## WORK REQUEST
Search the records for "Core" and copy each line that holds it.

## EXERCISE MATERIALS
━━━━━━━━━━
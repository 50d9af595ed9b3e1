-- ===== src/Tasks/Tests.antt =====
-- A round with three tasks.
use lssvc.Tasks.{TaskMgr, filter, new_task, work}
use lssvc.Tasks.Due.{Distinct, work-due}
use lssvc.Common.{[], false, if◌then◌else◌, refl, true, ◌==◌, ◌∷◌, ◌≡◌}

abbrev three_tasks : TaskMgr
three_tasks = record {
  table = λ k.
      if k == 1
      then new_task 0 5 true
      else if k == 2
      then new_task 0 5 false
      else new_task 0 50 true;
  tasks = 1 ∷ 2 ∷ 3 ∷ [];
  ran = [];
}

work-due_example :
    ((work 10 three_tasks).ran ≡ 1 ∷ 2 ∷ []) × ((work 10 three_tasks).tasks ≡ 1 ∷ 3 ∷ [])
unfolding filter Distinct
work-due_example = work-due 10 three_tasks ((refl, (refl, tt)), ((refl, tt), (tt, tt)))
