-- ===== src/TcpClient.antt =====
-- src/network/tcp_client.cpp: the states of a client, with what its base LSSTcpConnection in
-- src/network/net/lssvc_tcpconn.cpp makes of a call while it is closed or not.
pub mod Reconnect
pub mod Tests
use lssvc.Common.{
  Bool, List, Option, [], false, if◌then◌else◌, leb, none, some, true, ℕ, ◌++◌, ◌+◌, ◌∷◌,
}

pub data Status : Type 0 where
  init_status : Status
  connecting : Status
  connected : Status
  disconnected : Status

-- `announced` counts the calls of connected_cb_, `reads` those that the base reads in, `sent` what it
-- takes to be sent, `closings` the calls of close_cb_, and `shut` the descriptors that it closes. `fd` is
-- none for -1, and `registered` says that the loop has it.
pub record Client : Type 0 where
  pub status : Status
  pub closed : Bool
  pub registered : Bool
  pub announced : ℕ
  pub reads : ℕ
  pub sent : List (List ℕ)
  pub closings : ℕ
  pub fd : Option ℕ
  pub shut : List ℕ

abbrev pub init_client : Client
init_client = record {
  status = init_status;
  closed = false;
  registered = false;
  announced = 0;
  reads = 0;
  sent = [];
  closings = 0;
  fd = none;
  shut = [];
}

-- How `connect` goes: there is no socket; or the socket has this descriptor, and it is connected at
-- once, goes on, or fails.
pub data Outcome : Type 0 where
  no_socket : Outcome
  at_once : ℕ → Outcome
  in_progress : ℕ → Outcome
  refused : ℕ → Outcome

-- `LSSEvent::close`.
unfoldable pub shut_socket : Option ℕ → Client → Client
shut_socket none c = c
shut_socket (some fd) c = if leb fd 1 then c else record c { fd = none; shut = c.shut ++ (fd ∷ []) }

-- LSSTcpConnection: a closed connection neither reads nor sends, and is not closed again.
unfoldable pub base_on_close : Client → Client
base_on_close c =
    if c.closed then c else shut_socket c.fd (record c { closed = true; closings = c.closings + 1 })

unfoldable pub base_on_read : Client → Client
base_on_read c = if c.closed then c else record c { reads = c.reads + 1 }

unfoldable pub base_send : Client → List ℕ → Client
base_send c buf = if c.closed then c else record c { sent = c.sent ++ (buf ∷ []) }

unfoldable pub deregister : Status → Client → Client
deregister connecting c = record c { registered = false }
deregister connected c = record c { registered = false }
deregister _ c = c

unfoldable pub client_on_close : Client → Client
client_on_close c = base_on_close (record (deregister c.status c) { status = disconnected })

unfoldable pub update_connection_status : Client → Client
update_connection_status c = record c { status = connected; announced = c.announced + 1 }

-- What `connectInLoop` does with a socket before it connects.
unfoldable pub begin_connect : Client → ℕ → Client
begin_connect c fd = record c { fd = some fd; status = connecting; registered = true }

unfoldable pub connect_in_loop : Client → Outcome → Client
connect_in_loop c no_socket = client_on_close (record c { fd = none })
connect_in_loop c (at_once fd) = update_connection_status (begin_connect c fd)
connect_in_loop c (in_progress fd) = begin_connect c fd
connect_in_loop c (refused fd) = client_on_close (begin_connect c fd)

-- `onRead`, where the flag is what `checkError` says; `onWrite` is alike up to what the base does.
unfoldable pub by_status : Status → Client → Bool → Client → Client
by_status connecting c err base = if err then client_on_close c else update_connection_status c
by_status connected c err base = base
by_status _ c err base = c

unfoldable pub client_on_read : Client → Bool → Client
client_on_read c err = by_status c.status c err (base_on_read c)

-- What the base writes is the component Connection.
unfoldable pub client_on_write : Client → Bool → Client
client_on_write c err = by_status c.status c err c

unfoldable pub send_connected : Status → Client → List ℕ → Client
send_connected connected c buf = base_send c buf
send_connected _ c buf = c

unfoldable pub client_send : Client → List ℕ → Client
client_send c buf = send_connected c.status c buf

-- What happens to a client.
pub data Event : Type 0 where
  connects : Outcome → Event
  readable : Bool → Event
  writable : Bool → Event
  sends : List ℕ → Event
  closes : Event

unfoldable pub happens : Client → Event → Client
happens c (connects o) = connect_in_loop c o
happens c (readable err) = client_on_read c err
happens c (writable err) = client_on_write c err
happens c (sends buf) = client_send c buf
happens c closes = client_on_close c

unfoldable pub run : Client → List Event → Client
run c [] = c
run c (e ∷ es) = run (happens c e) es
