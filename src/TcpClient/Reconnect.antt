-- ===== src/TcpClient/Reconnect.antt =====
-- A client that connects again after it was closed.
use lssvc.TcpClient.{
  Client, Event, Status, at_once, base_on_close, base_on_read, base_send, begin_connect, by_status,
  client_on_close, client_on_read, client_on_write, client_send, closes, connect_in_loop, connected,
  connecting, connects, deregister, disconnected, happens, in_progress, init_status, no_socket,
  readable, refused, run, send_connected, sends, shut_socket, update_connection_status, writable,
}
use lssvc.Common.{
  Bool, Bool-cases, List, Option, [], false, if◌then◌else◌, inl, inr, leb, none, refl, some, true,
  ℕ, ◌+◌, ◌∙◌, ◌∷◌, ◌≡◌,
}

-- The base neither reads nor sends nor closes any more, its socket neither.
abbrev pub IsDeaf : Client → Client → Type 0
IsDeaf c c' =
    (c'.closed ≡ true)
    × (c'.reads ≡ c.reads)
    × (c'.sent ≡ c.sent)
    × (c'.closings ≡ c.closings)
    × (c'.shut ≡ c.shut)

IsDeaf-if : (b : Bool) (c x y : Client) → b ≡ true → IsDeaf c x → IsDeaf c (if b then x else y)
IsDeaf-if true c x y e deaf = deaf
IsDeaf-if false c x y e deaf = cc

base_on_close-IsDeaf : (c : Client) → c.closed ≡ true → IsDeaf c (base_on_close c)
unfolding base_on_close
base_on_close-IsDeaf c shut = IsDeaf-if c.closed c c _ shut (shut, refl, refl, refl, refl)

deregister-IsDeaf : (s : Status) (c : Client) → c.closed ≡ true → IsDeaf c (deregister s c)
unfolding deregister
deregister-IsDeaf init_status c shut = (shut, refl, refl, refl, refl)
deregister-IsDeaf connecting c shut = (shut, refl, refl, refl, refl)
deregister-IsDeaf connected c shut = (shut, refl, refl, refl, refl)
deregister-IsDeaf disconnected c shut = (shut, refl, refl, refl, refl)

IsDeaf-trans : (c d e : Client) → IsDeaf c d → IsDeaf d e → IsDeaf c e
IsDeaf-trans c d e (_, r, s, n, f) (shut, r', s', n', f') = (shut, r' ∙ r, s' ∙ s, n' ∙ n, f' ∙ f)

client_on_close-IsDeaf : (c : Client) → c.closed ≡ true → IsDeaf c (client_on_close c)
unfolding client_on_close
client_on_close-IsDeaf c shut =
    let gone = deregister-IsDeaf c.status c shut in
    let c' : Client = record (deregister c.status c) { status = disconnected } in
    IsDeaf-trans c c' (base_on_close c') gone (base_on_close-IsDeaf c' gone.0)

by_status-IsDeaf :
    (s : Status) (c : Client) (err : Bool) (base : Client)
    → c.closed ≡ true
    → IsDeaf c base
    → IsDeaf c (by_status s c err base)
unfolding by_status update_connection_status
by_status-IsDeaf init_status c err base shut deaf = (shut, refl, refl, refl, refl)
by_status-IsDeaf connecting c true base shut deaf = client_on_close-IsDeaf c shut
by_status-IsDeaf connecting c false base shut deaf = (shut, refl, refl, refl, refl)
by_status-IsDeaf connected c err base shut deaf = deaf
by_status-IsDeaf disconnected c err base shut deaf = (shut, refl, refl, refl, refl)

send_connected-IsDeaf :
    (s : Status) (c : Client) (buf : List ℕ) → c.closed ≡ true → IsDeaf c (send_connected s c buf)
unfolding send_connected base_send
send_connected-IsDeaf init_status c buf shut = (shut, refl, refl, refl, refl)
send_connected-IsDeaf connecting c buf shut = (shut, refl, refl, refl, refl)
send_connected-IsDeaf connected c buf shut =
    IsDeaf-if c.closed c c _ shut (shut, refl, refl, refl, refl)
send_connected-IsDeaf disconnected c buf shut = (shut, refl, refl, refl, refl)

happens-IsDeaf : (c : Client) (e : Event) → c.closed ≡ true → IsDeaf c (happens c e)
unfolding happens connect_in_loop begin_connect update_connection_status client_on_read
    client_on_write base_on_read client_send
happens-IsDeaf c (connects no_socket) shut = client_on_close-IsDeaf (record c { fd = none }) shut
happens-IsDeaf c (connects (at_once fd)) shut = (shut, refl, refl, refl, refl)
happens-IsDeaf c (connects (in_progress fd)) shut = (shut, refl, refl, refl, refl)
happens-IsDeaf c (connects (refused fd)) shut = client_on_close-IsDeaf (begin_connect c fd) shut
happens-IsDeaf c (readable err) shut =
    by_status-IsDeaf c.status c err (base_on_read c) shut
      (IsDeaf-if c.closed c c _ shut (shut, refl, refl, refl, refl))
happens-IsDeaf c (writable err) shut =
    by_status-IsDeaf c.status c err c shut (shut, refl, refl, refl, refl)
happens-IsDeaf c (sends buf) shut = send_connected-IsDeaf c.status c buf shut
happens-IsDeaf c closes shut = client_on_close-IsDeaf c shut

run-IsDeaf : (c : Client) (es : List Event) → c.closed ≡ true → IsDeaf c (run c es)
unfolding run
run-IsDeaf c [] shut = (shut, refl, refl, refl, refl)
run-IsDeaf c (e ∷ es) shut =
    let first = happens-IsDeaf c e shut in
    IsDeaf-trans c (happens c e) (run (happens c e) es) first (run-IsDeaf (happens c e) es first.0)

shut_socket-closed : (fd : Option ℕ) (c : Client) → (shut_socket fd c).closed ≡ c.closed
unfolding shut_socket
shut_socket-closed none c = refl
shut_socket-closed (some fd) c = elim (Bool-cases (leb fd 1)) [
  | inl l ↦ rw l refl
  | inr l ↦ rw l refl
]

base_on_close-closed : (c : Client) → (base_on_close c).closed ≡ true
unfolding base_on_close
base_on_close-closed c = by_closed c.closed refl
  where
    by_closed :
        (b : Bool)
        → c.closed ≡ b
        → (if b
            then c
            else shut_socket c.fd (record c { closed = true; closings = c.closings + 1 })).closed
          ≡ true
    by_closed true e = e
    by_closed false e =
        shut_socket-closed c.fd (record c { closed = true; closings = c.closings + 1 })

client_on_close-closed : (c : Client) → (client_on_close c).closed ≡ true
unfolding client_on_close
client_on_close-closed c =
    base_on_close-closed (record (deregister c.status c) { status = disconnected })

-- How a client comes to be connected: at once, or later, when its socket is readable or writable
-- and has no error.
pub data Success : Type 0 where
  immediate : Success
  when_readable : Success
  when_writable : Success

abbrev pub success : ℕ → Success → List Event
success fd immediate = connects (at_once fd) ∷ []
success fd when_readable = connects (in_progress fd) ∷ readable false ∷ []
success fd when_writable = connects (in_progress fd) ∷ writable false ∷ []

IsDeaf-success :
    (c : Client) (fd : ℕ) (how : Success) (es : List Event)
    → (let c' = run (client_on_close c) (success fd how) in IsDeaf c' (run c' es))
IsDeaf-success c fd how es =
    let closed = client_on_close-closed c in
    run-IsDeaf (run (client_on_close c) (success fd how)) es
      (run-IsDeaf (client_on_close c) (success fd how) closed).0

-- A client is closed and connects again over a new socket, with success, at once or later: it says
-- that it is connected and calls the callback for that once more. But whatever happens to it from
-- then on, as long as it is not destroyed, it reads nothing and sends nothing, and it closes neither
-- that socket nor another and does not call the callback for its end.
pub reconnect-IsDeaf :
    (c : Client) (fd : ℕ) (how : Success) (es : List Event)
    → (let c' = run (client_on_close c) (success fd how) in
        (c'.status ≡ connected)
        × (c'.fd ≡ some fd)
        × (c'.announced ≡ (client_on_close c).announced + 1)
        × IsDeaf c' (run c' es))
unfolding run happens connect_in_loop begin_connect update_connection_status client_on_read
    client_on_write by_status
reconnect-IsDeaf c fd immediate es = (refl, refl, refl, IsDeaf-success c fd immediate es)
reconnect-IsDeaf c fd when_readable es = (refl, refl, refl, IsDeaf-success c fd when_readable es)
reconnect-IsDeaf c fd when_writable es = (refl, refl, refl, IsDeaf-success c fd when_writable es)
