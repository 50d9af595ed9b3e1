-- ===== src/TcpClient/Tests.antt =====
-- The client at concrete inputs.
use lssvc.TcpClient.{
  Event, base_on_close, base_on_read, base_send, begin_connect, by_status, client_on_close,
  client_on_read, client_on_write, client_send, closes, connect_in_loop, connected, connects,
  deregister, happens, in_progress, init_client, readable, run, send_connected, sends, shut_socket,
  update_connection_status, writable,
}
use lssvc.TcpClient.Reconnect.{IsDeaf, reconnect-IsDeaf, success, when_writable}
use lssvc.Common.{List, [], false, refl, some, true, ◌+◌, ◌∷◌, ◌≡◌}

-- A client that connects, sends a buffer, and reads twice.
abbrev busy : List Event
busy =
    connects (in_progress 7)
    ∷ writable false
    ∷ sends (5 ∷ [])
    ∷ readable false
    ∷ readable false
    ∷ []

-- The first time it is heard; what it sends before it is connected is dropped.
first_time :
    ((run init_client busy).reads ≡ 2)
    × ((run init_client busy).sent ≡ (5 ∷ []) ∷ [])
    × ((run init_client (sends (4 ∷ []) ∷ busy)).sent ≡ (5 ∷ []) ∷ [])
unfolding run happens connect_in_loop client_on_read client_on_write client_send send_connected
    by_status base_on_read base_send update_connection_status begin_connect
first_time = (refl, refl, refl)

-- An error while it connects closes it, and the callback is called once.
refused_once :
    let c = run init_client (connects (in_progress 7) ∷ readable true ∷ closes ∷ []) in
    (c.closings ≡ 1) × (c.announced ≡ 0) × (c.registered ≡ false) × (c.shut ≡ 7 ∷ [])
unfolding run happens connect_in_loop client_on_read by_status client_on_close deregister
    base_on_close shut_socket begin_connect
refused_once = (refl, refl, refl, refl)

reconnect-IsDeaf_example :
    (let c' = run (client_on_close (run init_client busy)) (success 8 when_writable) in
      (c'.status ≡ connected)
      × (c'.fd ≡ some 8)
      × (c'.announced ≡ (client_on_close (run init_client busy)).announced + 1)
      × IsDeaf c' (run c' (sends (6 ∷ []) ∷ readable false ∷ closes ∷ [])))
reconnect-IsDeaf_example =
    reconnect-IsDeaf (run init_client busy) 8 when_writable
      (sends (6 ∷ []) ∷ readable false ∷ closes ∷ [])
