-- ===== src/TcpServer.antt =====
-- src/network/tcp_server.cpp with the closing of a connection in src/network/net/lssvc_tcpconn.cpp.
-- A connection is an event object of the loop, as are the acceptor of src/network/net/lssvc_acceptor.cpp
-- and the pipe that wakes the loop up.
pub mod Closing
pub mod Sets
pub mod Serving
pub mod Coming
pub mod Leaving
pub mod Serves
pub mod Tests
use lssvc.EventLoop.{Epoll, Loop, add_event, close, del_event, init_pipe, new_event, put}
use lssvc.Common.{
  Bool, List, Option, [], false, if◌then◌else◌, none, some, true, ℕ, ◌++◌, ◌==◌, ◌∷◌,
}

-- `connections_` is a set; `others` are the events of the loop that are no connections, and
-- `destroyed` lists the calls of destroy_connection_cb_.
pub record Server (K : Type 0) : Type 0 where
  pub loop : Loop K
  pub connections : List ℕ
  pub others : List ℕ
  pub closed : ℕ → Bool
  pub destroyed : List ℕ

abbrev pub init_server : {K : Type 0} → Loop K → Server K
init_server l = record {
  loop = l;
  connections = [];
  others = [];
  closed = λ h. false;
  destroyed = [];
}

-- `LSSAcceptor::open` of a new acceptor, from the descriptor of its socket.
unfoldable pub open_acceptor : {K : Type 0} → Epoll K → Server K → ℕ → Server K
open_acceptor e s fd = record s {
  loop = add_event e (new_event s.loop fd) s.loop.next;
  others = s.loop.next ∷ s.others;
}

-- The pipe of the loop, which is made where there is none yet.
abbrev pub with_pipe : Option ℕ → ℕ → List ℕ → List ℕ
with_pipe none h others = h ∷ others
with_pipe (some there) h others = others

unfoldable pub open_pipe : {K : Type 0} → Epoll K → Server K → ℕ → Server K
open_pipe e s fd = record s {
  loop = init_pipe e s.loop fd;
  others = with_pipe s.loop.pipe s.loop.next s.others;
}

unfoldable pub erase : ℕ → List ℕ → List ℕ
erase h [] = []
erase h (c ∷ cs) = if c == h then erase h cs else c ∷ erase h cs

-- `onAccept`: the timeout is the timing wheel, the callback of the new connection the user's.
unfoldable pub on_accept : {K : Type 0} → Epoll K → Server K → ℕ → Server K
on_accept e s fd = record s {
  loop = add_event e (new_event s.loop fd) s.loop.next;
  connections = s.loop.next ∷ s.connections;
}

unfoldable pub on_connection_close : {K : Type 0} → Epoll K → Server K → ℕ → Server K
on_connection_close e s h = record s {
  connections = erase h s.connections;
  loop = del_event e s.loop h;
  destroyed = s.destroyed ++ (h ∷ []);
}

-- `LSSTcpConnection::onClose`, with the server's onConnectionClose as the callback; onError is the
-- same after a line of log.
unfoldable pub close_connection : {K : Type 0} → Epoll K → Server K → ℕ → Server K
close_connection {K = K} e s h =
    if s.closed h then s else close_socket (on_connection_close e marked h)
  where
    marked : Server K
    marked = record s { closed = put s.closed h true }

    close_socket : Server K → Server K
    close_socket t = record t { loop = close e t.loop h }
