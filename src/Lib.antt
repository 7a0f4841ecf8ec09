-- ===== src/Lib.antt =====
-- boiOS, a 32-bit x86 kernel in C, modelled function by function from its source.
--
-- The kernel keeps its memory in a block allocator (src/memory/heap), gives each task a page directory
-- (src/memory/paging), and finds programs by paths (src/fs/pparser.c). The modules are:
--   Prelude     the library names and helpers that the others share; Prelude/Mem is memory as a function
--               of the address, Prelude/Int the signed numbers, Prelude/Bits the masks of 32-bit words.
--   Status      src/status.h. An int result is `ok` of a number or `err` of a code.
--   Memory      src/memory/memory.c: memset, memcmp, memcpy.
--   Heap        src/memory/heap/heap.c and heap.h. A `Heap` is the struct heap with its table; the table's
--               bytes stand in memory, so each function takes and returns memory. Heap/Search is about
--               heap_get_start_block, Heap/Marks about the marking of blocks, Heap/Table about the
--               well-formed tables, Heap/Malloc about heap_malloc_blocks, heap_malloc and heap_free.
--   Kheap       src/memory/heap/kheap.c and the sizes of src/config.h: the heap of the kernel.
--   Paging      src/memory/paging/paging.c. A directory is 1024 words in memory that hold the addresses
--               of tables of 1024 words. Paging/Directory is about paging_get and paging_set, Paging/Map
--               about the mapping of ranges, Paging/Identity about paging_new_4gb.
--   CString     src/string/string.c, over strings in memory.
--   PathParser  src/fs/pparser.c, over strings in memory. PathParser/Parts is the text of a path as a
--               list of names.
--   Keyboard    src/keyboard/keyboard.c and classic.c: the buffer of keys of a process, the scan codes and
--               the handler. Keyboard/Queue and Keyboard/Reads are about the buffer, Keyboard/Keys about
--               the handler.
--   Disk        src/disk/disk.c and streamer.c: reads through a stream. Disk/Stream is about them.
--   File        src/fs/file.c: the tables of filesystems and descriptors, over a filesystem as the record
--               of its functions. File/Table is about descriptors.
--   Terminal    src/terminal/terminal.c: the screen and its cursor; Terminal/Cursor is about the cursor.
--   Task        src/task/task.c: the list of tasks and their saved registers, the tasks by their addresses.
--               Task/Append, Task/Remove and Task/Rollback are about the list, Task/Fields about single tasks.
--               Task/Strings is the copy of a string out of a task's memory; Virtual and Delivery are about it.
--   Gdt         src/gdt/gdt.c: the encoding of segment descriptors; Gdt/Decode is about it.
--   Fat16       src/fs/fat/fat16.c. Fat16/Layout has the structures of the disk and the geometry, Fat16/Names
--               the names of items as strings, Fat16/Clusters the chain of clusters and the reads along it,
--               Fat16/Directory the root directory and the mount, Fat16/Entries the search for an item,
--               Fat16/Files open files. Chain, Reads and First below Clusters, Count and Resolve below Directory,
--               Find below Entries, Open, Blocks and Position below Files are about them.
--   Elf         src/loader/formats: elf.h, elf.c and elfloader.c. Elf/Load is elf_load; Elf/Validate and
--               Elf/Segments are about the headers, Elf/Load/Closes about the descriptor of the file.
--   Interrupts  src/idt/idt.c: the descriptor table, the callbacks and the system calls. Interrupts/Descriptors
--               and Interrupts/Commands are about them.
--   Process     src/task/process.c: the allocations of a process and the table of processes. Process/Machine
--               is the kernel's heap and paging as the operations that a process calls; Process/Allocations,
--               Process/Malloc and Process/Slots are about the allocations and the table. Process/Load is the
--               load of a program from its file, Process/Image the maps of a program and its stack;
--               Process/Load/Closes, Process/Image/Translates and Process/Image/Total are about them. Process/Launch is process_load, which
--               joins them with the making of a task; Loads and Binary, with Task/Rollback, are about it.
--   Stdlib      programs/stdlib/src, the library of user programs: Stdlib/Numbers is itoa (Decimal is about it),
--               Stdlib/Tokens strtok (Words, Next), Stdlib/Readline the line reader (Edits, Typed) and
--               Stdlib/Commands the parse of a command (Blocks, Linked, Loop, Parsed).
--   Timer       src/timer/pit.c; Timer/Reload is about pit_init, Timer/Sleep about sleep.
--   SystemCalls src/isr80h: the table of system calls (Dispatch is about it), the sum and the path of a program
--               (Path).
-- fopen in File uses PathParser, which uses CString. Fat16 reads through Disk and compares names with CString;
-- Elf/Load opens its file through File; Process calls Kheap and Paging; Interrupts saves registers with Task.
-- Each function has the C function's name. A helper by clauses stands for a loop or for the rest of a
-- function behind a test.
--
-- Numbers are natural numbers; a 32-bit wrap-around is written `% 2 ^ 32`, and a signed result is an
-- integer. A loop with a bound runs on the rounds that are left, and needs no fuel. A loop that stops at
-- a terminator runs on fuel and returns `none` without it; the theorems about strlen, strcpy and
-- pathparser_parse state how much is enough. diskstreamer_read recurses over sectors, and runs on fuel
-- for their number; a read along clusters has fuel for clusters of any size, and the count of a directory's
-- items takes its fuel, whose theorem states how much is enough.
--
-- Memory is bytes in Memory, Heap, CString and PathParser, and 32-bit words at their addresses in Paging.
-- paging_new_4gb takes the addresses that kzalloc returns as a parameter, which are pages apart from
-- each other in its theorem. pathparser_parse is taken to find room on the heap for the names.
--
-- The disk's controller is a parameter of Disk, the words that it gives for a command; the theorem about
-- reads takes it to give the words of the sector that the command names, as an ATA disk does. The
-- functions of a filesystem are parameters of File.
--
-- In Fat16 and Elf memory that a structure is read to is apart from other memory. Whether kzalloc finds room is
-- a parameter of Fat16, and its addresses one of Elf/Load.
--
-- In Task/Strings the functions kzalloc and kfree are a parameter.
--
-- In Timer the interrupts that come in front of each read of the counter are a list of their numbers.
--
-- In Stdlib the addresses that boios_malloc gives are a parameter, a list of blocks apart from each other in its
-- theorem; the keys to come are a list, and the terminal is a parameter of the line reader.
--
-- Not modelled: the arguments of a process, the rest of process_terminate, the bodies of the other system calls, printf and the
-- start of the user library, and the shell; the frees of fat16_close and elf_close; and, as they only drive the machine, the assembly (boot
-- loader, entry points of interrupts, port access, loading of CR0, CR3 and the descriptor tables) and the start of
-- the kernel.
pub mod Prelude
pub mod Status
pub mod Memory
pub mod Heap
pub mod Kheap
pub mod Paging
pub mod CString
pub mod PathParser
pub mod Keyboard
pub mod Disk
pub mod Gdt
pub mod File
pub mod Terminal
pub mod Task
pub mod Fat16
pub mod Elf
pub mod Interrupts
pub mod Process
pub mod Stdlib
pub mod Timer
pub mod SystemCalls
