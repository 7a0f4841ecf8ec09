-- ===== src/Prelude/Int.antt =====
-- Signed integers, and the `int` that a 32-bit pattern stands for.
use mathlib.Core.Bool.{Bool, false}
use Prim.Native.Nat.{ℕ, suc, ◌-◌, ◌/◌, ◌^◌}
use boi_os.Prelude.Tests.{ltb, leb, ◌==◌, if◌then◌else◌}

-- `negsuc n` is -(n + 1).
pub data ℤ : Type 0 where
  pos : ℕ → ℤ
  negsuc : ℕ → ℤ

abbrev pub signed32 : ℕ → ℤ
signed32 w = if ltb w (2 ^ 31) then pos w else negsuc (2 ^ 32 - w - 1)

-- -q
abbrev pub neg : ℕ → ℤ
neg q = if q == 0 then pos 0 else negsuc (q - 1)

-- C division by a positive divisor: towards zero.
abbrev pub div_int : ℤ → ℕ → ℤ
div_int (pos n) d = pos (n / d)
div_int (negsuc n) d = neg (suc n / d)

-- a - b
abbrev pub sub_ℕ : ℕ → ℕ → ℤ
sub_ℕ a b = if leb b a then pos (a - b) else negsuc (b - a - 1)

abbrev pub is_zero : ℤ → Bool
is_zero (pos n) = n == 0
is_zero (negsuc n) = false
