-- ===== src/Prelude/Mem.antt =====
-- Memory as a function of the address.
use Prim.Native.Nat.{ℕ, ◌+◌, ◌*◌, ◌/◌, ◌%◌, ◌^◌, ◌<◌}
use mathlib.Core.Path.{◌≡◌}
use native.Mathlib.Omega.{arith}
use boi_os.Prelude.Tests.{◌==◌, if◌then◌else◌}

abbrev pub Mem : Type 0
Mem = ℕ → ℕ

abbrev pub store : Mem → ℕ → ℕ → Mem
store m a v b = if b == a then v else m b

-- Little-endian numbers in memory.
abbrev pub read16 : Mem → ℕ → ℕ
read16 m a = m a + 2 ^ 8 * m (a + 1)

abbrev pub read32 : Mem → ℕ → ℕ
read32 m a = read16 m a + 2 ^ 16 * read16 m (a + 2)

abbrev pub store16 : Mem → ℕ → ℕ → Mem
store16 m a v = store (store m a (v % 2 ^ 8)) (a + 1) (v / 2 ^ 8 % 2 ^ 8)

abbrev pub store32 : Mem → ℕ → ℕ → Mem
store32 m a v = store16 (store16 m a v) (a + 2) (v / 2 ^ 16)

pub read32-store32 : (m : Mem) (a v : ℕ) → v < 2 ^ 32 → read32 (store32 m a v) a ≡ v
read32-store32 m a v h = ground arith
━━━━━━━━━━
## YOUR RESPONSE
use mathlib.Core.Bool.{Bool, false}
use mathlib.Core.Path.{◌≡◌}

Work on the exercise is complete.